*What you will do*
In full and without change, return each entry.

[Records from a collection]

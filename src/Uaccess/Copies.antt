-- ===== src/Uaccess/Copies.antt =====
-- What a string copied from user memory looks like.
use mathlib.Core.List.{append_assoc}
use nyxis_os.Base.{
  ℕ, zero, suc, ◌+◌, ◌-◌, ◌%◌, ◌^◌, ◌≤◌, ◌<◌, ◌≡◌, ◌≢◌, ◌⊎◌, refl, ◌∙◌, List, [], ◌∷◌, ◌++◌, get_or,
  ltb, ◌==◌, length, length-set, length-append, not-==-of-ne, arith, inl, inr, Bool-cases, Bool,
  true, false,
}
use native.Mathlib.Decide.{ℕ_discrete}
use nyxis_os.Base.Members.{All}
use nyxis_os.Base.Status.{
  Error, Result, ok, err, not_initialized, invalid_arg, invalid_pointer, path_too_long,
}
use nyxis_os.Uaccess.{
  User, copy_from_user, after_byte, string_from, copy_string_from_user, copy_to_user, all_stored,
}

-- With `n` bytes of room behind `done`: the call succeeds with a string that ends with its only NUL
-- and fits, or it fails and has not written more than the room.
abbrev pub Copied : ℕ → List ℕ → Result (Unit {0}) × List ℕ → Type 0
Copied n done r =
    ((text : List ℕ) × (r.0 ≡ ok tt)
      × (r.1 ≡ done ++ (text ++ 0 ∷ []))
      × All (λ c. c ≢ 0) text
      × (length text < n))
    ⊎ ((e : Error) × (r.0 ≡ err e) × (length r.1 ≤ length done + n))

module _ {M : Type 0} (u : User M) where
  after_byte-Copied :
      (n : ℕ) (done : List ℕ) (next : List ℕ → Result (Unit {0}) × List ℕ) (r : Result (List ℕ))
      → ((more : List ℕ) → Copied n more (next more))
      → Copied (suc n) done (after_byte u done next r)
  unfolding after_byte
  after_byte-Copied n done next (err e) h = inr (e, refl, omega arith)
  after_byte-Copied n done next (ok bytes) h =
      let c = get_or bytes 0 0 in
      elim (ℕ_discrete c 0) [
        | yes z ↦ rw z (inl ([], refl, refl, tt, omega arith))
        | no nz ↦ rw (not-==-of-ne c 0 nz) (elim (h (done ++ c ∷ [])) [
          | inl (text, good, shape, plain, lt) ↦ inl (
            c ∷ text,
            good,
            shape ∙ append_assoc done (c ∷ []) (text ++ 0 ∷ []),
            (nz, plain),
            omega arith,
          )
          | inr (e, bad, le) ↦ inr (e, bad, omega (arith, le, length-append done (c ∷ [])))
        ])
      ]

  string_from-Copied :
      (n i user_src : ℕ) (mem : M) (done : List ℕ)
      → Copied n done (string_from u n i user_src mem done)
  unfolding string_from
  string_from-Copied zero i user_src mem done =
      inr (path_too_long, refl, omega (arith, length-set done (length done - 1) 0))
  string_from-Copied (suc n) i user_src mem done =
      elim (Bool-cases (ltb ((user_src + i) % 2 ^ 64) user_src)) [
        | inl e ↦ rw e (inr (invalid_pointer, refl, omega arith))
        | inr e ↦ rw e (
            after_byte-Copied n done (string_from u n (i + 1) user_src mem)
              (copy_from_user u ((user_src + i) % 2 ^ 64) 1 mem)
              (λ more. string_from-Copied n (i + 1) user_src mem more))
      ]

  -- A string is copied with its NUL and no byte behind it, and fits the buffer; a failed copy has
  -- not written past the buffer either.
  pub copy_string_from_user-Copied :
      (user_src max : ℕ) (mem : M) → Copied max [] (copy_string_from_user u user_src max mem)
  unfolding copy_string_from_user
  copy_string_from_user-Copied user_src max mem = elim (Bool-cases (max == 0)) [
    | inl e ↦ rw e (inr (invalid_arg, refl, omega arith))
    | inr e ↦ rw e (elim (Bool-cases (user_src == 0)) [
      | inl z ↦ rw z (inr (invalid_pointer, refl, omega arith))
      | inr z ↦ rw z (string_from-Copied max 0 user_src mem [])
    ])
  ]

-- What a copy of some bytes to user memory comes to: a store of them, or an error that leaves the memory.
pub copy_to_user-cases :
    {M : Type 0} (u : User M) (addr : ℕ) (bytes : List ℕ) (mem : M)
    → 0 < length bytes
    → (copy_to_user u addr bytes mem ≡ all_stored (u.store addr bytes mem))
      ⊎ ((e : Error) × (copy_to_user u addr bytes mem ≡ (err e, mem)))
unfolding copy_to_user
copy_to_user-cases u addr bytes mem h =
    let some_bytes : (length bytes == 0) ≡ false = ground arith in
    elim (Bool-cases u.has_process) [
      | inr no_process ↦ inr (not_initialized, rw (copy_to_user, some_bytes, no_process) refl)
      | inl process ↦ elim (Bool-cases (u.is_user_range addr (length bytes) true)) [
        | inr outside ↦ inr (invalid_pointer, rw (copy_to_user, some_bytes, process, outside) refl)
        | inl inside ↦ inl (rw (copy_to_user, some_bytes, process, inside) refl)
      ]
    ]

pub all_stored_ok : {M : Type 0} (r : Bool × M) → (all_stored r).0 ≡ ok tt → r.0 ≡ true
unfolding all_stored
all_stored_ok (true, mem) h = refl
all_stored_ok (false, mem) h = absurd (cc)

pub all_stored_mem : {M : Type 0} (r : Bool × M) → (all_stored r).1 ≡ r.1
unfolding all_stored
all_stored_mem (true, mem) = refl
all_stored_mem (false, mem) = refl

*Task output*
filename src/Uaccess/Copies.antt
-- ===== src/Uaccess/Copies.antt =====
-- What a string copied from user memory looks like.
use mathlib.Core.List.{append_assoc}
use nyxis_os.Base.{
  ℕ, zero, suc, ◌+◌, ◌-◌, ◌%◌, ◌^◌, ◌≤◌, ◌<◌, ◌≡◌, ◌≢◌, ◌⊎◌, refl, ◌∙◌, List, [], ◌∷◌, ◌++◌, get_or,
  ltb, ◌==◌, length, length-set, length-append, not-==-of-ne, arith, inl, inr, Bool-cases, Bool,
  true, false,
}
use native.Mathlib.Decide.{ℕ_discrete}
use nyxis_os.Base.Members.{All}
use nyxis_os.Base.Status.{
  Error, Result, ok, err, not_initialized, invalid_arg, invalid_pointer, path_too_long,
}
use nyxis_os.Uaccess.{
  User, copy_from_user, after_byte, string_from, copy_string_from_user, copy_to_user, all_stored,
}

-- With `n` bytes of room behind `done`: the call succeeds with a string that ends with its only NUL
-- and fits, or it fails and has not written more than the room.
abbrev pub Copied : ℕ → List ℕ → Result (Unit {0}) × List ℕ → Type 0
Copied n done r =
    ((text : List ℕ) × (r.0 ≡ ok tt)
      × (r.1 ≡ done ++ (text ++ 0 ∷ []))
      × All (λ c. c ≢ 0) text
      × (length text < n))
    ⊎ ((e : Error) × (r.0 ≡ err e) × (length r.1 ≤ length done + n))

module _ {M : Type 0} (u : User M) where
  after_byte-Copied :
      (n : ℕ) (done : List ℕ) (next : List ℕ → Result (Unit {0}) × List ℕ) (r : Result (List ℕ))
      → ((more : List ℕ) → Copied n more (next more))
      → Copied (suc n) done (after_byte u done next r)
  unfolding after_byte
  after_byte-Copied n done next (err e) h = inr (e, refl, omega arith)
  after_byte-Copied n done next (ok bytes) h =
      let c = get_or bytes 0 0 in
      elim (ℕ_discrete c 0) [
        | yes z ↦ rw z (inl ([], refl, refl, tt, omega arith))
        | no nz ↦ rw (not-==-of-ne c 0 nz) (elim (h (done ++ c ∷ [])) [
          | inl (text, good, shape, plain, lt) ↦ inl (
            c ∷ text,
            good,
            shape ∙ append_assoc done (c ∷ []) (text ++ 0 ∷ []),
            (nz, plain),
            omega arith,
          )
          | inr (e, bad, le) ↦ inr (e, bad, omega (arith, le, length-append done (c ∷ [])))
        ])
      ]

  string_from-Copied :
      (n i user_src : ℕ) (mem : M) (done : List ℕ)
      → Copied n done (string_from u n i user_src mem done)
  unfolding string_from
  string_from-Copied zero i user_src mem done =
      inr (path_too_long, refl, omega (arith, length-set done (length done - 1) 0))
  string_from-Copied (suc n) i user_src mem done =
      elim (Bool-cases (ltb ((user_src + i) % 2 ^ 64) user_src)) [
        | inl e ↦ rw e (inr (invalid_pointer, refl, omega arith))
        | inr e ↦ rw e (
            after_byte-Copied n done (string_from u n (i + 1) user_src mem)
              (copy_from_user u ((user_src + i) % 2 ^ 64) 1 mem)
              (λ more. string_from-Copied n (i + 1) user_src mem more))
      ]

  -- A string is copied with its NUL and no byte behind it, and fits the buffer; a failed copy has
  -- not written past the buffer either.
  pub copy_string_from_user-Copied :
      (user_src max : ℕ) (mem : M) → Copied max [] (copy_string_from_user u user_src max mem)
  unfolding copy_string_from_user
  copy_string_from_user-Copied user_src max mem = elim (Bool-cases (max == 0)) [
    | inl e ↦ rw e (inr (invalid_arg, refl, omega arith))
    | inr e ↦ rw e (elim (Bool-cases (user_src == 0)) [
      | inl z ↦ rw z (inr (invalid_pointer, refl, omega arith))
      | inr z ↦ rw z (string_from-Copied max 0 user_src mem [])
    ])
  ]

-- What a copy of some bytes to user memory comes to: a store of them, or an error that leaves the memory.
pub copy_to_user-cases :
    {M : Type 0} (u : User M) (addr : ℕ) (bytes : List ℕ) (mem : M)
    → 0 < length bytes
    → (copy_to_user u addr bytes mem ≡ all_stored (u.store addr bytes mem))
      ⊎ ((e : Error) × (copy_to_user u addr bytes mem ≡ (err e, mem)))
unfolding copy_to_user
copy_to_user-cases u addr bytes mem h =
    let some_bytes : (length bytes == 0) ≡ false = ground arith in
    elim (Bool-cases u.has_process) [
      | inr no_process ↦ inr (not_initialized, rw (copy_to_user, some_bytes, no_process) refl)
      | inl process ↦ elim (Bool-cases (u.is_user_range addr (length bytes) true)) [
        | inr outside ↦ inr (invalid_pointer, rw (copy_to_user, some_bytes, process, outside) refl)
        | inl inside ↦ inl (rw (copy_to_user, some_bytes, process, inside) refl)
      ]
    ]

pub all_stored_ok : {M : Type 0} (r : Bool × M) → (all_stored r).0 ≡ ok tt → r.0 ≡ true
unfolding all_stored
all_stored_ok (true, mem) h = refl
all_stored_ok (false, mem) h = absurd (cc)

pub all_stored_mem : {M : Type 0} (r : Bool × M) → (all_stored r).1 ≡ r.1
unfolding all_stored
all_stored_mem (true, mem) = refl
all_stored_mem (false, mem) = refl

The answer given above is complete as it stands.